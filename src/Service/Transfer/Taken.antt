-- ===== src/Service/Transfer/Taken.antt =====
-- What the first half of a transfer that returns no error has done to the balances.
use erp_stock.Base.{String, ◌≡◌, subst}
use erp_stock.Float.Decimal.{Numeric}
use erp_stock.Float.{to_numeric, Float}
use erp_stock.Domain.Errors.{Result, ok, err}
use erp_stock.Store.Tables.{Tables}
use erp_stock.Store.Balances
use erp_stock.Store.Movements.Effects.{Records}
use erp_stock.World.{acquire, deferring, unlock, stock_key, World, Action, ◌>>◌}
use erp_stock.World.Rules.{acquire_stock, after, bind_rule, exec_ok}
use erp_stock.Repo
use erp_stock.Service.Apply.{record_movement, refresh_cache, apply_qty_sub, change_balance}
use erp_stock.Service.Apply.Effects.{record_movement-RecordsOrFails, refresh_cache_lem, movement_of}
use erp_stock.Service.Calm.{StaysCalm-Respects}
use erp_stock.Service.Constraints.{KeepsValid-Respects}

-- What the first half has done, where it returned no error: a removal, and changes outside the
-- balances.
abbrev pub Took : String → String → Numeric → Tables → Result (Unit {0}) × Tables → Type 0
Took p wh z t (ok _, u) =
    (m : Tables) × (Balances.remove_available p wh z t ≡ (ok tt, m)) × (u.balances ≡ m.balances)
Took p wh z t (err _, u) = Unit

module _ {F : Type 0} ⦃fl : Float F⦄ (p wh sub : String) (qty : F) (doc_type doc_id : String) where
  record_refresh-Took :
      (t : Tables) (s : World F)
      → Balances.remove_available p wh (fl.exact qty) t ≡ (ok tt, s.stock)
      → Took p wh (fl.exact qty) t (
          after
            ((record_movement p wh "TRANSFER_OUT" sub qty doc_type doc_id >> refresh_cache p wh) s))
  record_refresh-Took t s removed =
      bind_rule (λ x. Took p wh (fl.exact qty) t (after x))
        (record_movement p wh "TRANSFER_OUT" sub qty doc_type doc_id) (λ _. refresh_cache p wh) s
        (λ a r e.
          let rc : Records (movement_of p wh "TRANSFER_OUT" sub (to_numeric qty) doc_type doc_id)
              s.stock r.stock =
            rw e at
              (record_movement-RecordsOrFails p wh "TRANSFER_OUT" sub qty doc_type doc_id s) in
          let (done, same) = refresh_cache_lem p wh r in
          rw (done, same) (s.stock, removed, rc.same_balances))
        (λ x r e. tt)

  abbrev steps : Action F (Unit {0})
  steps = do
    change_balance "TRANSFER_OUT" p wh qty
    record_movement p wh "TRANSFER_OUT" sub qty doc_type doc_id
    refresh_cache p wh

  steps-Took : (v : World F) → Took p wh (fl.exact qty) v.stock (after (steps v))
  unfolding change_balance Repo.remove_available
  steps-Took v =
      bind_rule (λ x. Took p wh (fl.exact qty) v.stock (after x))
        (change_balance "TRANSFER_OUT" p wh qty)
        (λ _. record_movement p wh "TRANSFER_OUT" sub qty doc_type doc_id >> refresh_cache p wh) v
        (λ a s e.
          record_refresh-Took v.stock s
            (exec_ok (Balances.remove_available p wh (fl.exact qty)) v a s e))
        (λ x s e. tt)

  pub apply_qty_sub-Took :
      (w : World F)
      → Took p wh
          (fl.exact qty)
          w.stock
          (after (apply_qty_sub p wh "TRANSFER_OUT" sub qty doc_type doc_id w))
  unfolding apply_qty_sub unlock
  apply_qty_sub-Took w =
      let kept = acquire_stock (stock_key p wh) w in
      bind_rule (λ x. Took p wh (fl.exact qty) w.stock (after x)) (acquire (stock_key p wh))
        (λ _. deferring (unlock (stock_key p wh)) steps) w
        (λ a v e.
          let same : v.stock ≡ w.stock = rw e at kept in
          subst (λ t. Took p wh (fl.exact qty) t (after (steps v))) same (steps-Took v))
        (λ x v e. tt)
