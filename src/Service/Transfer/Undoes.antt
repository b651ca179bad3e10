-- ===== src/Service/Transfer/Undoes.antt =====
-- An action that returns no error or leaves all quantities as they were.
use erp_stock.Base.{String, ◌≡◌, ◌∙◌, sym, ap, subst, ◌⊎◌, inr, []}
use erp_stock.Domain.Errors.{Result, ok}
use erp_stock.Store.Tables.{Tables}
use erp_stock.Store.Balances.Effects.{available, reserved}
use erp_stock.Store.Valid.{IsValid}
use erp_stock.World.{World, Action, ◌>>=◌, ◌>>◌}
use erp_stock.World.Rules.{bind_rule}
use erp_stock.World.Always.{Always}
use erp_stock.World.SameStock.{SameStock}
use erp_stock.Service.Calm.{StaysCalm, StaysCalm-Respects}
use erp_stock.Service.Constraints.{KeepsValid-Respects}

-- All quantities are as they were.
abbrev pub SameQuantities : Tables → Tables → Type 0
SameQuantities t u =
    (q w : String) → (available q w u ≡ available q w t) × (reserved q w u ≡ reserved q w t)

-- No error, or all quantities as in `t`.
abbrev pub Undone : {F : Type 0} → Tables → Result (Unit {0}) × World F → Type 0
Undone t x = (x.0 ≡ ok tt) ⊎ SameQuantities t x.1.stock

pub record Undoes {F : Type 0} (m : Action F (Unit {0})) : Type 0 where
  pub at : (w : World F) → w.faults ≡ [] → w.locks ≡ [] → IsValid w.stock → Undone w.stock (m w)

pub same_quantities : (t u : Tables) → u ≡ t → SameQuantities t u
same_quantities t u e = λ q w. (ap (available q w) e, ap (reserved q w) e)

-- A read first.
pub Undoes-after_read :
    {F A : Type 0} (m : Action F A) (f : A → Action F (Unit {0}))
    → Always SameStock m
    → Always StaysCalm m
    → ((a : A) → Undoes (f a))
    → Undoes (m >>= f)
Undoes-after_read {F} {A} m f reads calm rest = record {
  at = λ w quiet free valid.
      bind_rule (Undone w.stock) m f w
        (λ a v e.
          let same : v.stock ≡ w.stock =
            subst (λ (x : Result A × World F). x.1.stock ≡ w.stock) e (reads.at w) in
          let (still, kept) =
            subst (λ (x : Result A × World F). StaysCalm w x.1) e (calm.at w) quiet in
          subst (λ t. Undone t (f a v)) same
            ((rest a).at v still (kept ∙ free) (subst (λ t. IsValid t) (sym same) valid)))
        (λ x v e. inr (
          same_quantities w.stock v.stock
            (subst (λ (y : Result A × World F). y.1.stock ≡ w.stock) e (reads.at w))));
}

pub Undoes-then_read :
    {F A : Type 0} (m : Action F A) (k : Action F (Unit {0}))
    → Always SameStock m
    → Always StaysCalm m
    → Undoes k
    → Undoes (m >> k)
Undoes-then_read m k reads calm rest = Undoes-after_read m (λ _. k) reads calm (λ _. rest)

WHAT YOU HAVE TO DO>
Return exactly the lines from the beginning of the data above through the one containing "record_refresh-Took t s", please. Include both end lines and add nothing else.

COMPLETED EXERCISE>
filename src/Service/Transfer/Taken.antt
-- ===== src/Service/Transfer/Taken.antt =====
-- What the first half of a transfer that returns no error has done to the balances.
use erp_stock.Base.{String, ◌≡◌, subst}
use erp_stock.Float.Decimal.{Numeric}
use erp_stock.Float.{to_numeric, Float}
use erp_stock.Domain.Errors.{Result, ok, err}
use erp_stock.Store.Tables.{Tables}
use erp_stock.Store.Balances
use erp_stock.Store.Movements.Effects.{Records}
use erp_stock.World.{acquire, deferring, unlock, stock_key, World, Action, ◌>>◌}
use erp_stock.World.Rules.{acquire_stock, after, bind_rule, exec_ok}
use erp_stock.Repo
use erp_stock.Service.Apply.{record_movement, refresh_cache, apply_qty_sub, change_balance}
use erp_stock.Service.Apply.Effects.{record_movement-RecordsOrFails, refresh_cache_lem, movement_of}
use erp_stock.Service.Calm.{StaysCalm-Respects}
use erp_stock.Service.Constraints.{KeepsValid-Respects}

-- What the first half has done, where it returned no error: a removal, and changes outside the
-- balances.
abbrev pub Took : String → String → Numeric → Tables → Result (Unit {0}) × Tables → Type 0
Took p wh z t (ok _, u) =
    (m : Tables) × (Balances.remove_available p wh z t ≡ (ok tt, m)) × (u.balances ≡ m.balances)
Took p wh z t (err _, u) = Unit

module _ {F : Type 0} ⦃fl : Float F⦄ (p wh sub : String) (qty : F) (doc_type doc_id : String) where
  record_refresh-Took :
      (t : Tables) (s : World F)
      → Balances.remove_available p wh (fl.exact qty) t ≡ (ok tt, s.stock)
      → Took p wh (fl.exact qty) t (
          after
            ((record_movement p wh "TRANSFER_OUT" sub qty doc_type doc_id >> refresh_cache p wh) s))
  record_refresh-Took t s removed =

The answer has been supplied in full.